▶ _PROMPT_: Filter the entries below down to the lines that hold "Bool".
Start of TASK DATA
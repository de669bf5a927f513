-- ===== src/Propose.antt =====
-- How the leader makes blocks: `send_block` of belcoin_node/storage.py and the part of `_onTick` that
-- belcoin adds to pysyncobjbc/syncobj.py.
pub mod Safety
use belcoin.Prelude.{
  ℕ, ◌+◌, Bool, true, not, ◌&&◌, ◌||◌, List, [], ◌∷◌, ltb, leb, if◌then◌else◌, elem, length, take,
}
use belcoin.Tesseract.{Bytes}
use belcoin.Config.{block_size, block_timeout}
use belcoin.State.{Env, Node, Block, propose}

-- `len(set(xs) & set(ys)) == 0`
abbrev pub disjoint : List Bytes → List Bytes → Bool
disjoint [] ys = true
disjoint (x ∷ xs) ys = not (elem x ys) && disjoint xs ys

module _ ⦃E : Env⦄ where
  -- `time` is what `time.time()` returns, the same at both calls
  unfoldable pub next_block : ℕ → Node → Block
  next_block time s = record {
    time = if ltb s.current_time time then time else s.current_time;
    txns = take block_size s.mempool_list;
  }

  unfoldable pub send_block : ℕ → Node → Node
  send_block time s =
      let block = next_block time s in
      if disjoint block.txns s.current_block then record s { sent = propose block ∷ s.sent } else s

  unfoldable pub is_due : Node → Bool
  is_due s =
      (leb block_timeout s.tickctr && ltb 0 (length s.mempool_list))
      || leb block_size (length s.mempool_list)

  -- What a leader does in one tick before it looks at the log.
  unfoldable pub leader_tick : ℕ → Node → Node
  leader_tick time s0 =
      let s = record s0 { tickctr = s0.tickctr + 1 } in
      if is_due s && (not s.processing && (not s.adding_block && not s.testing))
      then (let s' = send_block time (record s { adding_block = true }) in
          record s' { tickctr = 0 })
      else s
End of TASK DATA
▶ _EXPECTED ANSWER_:
  ℕ, ◌+◌, Bool, true, not, ◌&&◌, ◌||◌, List, [], ◌∷◌, ltb, leb, if◌then◌else◌, elem, length, take,
abbrev pub disjoint : List Bytes → List Bytes → Bool
  unfoldable pub is_due : Node → Bool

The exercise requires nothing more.